The reply should consist of the line containing "i. none; poll" and all lines after it in the listing below, reproduced exactly and nothing more.

[[ Supplied information, beginning ]]

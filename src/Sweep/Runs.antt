-- ===== src/Sweep/Runs.antt =====
-- The runs of the loop at one queue depth, driver/flow_control.c.
use dmaplane_master.Base.{ℕ, Bool, true, List, [], ◌∷◌, none, Errno}
use dmaplane_master.Region.Register.{completion, poll_error}
use dmaplane_master.Sweep.{SweepTurn}

-- Turns in which no call fails
abbrev pub served : List (ℕ × ℕ × Bool) → List SweepTurn
served [] = []
served ((l, d, r) ∷ xs) =
    record { send = λ i. none; poll = completion true; latency = l; drained = d; reposted = r }
    ∷ served xs

-- Turns in which every send is posted and every poll fails
abbrev pub broken : Errno → SweepTurn
broken e = record {
  send = λ i. none;
  poll = poll_error e;
  latency = 0;
  drained = 0;
  reposted = true;
}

[[ Supplied information, end ]]

### Solution to the exercise
    record { send = λ i. none; poll = completion true; latency = l; drained = d; reposted = r }
    ∷ served xs

-- Turns in which every send is posted and every poll fails
abbrev pub broken : Errno → SweepTurn
broken e = record {
  send = λ i. none;
  poll = poll_error e;
  latency = 0;
  drained = 0;
  reposted = true;
}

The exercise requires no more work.